My issue is for the extra £2 or £3 i'd rather get it minced. I tried whole tripe, nearly vommited gone back to minced tripe.


----------



## LisaZonda (Oct 14, 2011)

Kivasmum said:


> I think I'm with lexi on that one!  ha ha maybe tripe chunks, but thats my limit
> 
> Took a little video of kiva eating her carcass tonight
> 
> ...


Could you ask Kiva to have word with Nikita and explain that she is meant to keep the food on her own feeding towel!...Nikita never does, she feels the need to wander around the house dropping her raw chicken in as many places as possible....my rug, my sofa, even on my slippers! 
She just won't stay put with it....she is determined not to keep it on her towel


----------



## Shrap (Nov 22, 2010)

LisaZonda said:


> Could you ask Kiva to have word with Nikita and explain that she is meant to keep the food on her own feeding towel!...Nikita never does, she feels the need to wander around the house dropping her raw chicken in as many places as possible....my rug, my sofa, even on my slippers!
> She just won't stay put with it....she is determined not to keep it on her towel


Feed her in her crate! Or put her in a down before she gets it and don't let her get up lol!
Or keep a lead on her and lead her back...


----------



## SLB (Apr 25, 2011)

LisaZonda said:


> Could you ask Kiva to have word with Nikita and explain that she is meant to keep the food on her own feeding towel!...Nikita never does, she feels the need to wander around the house dropping her raw chicken in as many places as possible....my rug, my sofa, even on my slippers!
> She just won't stay put with it....she is determined not to keep it on her towel


Tiled floors 

Glad to see it's suiting Kiva. And happy to know I helped


----------



## sallygunes (Aug 5, 2011)

suesdogs15 said:


> The picture is a cows tripe if you get sheep's they are much smaller and more manageable, they weigh 3- 4 kgs .I cut a large black plastic bag and use it as a sheet on my kitchen drainer and use a large pair of kitchen scissors to cut it up. Takes me about 30 mins now to do 10 tripes. I leave them as quite big chunks as I loose the plot by the sixth one. I pay £1-2 for all ten.......so it's worth the smell etc :thumbup:


where do you buy them from at that price? the butchers round here are not very helpful at all


----------



## suesdogs15 (Oct 9, 2011)

sallygunes said:


> where do you buy them from at that price? the butchers round here are not very helpful at all


I used the internet to find all my local butchers and rang them all and asked if they did tripe, heart etc for my dogs . I found two that have their own abattoirs attached to the butchers,but only one that will give me the tripe because of the defra rules on the disposal of "animal waste". The other will let me have tongue , lungs etc. I now go to the abattoir bit to collect them directly. I know I am lucky to have them locally , if I didn't I would have to reconsider feeding raw as it would be too expensive for me to feed my three.


----------



## Kivasmum (Aug 4, 2011)

Nice firm poops this morning :thumbup: and chicken mince for breakfast.
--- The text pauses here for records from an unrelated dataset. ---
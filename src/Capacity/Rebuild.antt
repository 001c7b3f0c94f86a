-- ===== src/Capacity/Rebuild.antt =====
-- What `reconcile_allocations` (src/agentvm/host/capacity.py) makes of a store's records.
use agent_vm.Base.{
  Option, none, some, List, [], ◌∷◌, ◌==◌, text_eq, if◌then◌else◌, ◌≡◌, refl, arith, Nodup, ◌∙◌,
  Bool-cases, inl, inr,
}
use agent_vm.Python.Result.{Result, ok, raise, >>=-eq-ok, ok-injective}
use agent_vm.Python.Dict.{Dict, keys, lookup, or_else, lookup-insert, insert-Nodup}
use agent_vm.Python.Lines.{is_empty}
use agent_vm.Python.Text.{Text}
use agent_vm.Python.Value.{Object}
use agent_vm.Capacity.{Allocation, CapacityManager}
use agent_vm.Capacity.Reconcile.{
  MetadataQueries, fetch_active_vms, vm_id_of, allocation_of, add_vm, record_allocation, rebuild,
  reconcile_allocations,
}

-- What one record says of an id.
abbrev valid : Result Allocation → Option Allocation
valid (ok a) = some a
valid (raise _) = none

unfoldable pub entry : Text → Object → Option Allocation
entry id vm =
    if is_empty (vm_id_of vm)
    then none
    else if vm_id_of vm == id
    then valid (allocation_of vm)
    else none

-- The last valid record of an id.
unfoldable pub last_entry : Text → List Object → Option Allocation
last_entry id [] = none
last_entry id (vm ∷ vms) = or_else (last_entry id vms) (entry id vm)

lookup-record_allocation :
    (k id : Text) (r : Result Allocation) (d : Dict Text Allocation) {d' : Dict Text Allocation}
    → record_allocation id r d ≡ ok d'
    → lookup k d' ≡ or_else (if id == k then valid r else none) (lookup k d)
lookup-record_allocation k id (ok a) d h = ground (arith, lookup-insert id k a d)
lookup-record_allocation k id (raise e) d h = ground arith

lookup-add_vm :
    (k : Text) (vm : Object) (d : Dict Text Allocation) {d' : Dict Text Allocation}
    → add_vm vm d ≡ ok d'
    → lookup k d' ≡ or_else (entry k vm) (lookup k d)
unfolding add_vm entry
lookup-add_vm k vm d {d'} h =
    ground (arith, lookup-record_allocation k (vm_id_of vm) (allocation_of vm) d {d' = d'})

or_else_assoc : (a b c : Option Allocation) → or_else a (or_else b c) ≡ or_else (or_else a b) c
or_else_assoc none b c = refl
or_else_assoc (some v) b c = refl

lookup-rebuild :
    (k : Text) (vms : List Object) (d : Dict Text Allocation) {d' : Dict Text Allocation}
    → rebuild vms d ≡ ok d'
    → lookup k d' ≡ or_else (last_entry k vms) (lookup k d)
unfolding rebuild last_entry
lookup-rebuild k [] d h = ground arith
lookup-rebuild k (vm ∷ vms) d h =
    let (d₁, added, rest) = >>=-eq-ok (add_vm vm d) _ h in
    lookup-rebuild k vms d₁ rest
    ∙ rw (lookup-add_vm k vm d added) (or_else_assoc (last_entry k vms) (entry k vm) (lookup k d))

record_allocation-Nodup :
    (id : Text) (r : Result Allocation) (d : Dict Text Allocation) {d' : Dict Text Allocation}
    → record_allocation id r d ≡ ok d'
    → Nodup (keys d)
    → Nodup (keys d')
record_allocation-Nodup id (ok a) d h n = rw (← ok-injective h) (insert-Nodup id a d n)
record_allocation-Nodup id (raise e) d {d'} h n = let same : d ≡ d' = ground arith in rw (← same) n

add_vm-Nodup :
    (vm : Object) (d : Dict Text Allocation) {d' : Dict Text Allocation}
    → add_vm vm d ≡ ok d'
    → Nodup (keys d)
    → Nodup (keys d')
unfolding add_vm
add_vm-Nodup vm d {d'} h n = elim (Bool-cases (is_empty (vm_id_of vm))) [
  | inl nameless ↦ let same : d ≡ d' = ground arith in rw (← same) n
  | inr named ↦ record_allocation-Nodup (vm_id_of vm) (allocation_of vm) d (ground arith) n
]

rebuild-Nodup :
    (vms : List Object) (d : Dict Text Allocation) {d' : Dict Text Allocation}
    → rebuild vms d ≡ ok d'
    → Nodup (keys d)
    → Nodup (keys d')
unfolding rebuild
rebuild-Nodup [] d h n = rw (← ok-injective h) n
rebuild-Nodup (vm ∷ vms) d h n =
    let (d₁, added, rest) = >>=-eq-ok (add_vm vm d) _ h in
    rebuild-Nodup vms d₁ rest (add_vm-Nodup vm d added n)

or_else-none : (o : Option Allocation) → or_else o none ≡ o
or_else-none none = refl
or_else-none (some a) = refl

-- Where `reconcile_allocations` returns, the store's query returned active records, and every id has
-- the allocation of the last of them with that non-empty id and three numbers, or none where there
-- is none; no id stands twice, and the rest of the manager is as it was.
pub reconcile_allocations-last_entry :
    (store : MetadataQueries) (m m' : CapacityManager)
    → reconcile_allocations store m ≡ ok m'
    → (vms : List Object) × (fetch_active_vms store ≡ ok vms)
      × ((id : Text) → lookup id m'.allocations ≡ last_entry id vms)
      × Nodup (keys m'.allocations)
      × (m' ≡ record m { allocations = m'.allocations })
unfolding reconcile_allocations
reconcile_allocations-last_entry store m m' h =
    let (vms, fetched, h₁) = >>=-eq-ok (fetch_active_vms store) _ h in
    let (d, rebuilt, h₂) = >>=-eq-ok (rebuild vms []) _ h₁ in
    let e : record m { allocations = d } ≡ m' = ok-injective h₂ in
    (
      vms,
      fetched,
      λ id.
          rw (← e)
            (lookup-rebuild id vms [] rebuilt ∙ unfold lookup in or_else-none (last_entry id vms)),
      rw (← e) (rebuild-Nodup vms [] rebuilt tt),
      rw (← e),
    )
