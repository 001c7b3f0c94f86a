-- ===== src/Python/Dict/Unordered.antt =====
-- Dicts up to the order of their entries.
use mathlib.Core.List.{Perm}
use mathlib.Core.List.Perm
use agent_vm.Base.{some, [], ◌∷◌, arith, Eq, ◌==◌, Nodup, ◌≡◌, Bool-cases, inl, inr}
use agent_vm.Python.Dict.{Dict, keys, lookup, erase, lookup_absent}
use agent_vm.Python.Dict.Laws.{erase-Nodup, lookup-erase}

module _ {ℓ} {K V : Type ℓ} ⦃e : Eq K⦄ where
  erase-perm : (k : K) (v : V) (d : Dict K V) → lookup k d ≡ some v → Perm d ((k, v) ∷ erase k d)
  unfolding lookup erase
  erase-perm k v [] h = absurd cc
  erase-perm k v ((j, w) ∷ d) h = elim (Bool-cases (j == k)) [
    | inl same ↦
        let key : j ≡ k = (e.beq_iff j k).0 same in
        let value : w ≡ v = ground arith in rw (same, key, value) (Perm.refl _)
    | inr other ↦ rw other (
        Perm.trans (Perm.cons (j, w) (erase-perm k v d (ground arith)))
          (Perm.swap (k, v) (j, w) (erase k d)))
  ]

  -- Dicts without duplicate keys that look up the same have the same entries.
  pub perm_of_lookup :
      (d d' : Dict K V)
      → Nodup (keys d)
      → Nodup (keys d')
      → ((k : K) → lookup k d ≡ lookup k d')
      → Perm d d'
  unfolding lookup
  perm_of_lookup [] [] _ _ same = Perm.refl []
  perm_of_lookup [] ((k, v) ∷ d') _ _ same = absurd (ground (arith, same k, e.beq_iff k k))
  perm_of_lookup ((k, v) ∷ d) d' (fresh, distinct) distinct' same =
      let found : lookup k d' ≡ some v = ground (arith, same k, e.beq_iff k k) in
      let rest = perm_of_lookup d (erase k d') distinct (erase-Nodup k d' distinct') (λ j.
        ground
          (arith, same j, lookup-erase k j d' distinct', lookup_absent k d fresh, e.beq_iff k j)) in
      Perm.trans (Perm.cons (k, v) rest) (Perm.symm (erase-perm k v d' found))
One thing I am going to have to work on is getting things defrosted! I put a few days worth from the freezer into the fridge, but then forget to take them out the fridge  and after 24 hours in the fridge they are still pretty much frozen  not a huge issue as she enjoys it just as much frozen as she does defrosted 

It's great because she seems to look at me every time I feed her with a look that seems to say 'wow! Raw again!?'  

So far so good


----------



## springfieldbean (Sep 13, 2010)

Kivasmum said:


> Nice firm poops this morning :thumbup: and chicken mince for breakfast.
> 
> One thing I am going to have to work on is getting things defrosted! I put a few days worth from the freezer into the fridge, but then forget to take them out the fridge  and after 24 hours in the fridge they are still pretty much frozen  not a huge issue as she enjoys it just as much frozen as she does defrosted
> 
> ...


I just take one day's worth out of the freezer at night, and leave it in a bowl in the kitchen. I did start with trying to defrost them in the fridge but they just stay frozen! Because it's every night it's now become a routine so I rarely forget to take it out, but if I do it just becomes one of Sherlock's tinned pilchards and an egg mornings!


----------



## bearcub (Jul 19, 2011)

Kivasmum said:


> Nice firm poops this morning :thumbup: and chicken mince for breakfast.
> 
> One thing I am going to have to work on is getting things defrosted! I put a few days worth from the freezer into the fridge, but then forget to take them out the fridge  and after 24 hours in the fridge they are still pretty much frozen  not a huge issue as she enjoys it just as much frozen as she does defrosted
> 
> ...


I had the same problem with defrosting, Florence is fed in our garage/utility room where we keep the freezer and the first week I was just taking the food out the freezer and leaving it in the fridge; only to find it was still frozen solid 24hrs later.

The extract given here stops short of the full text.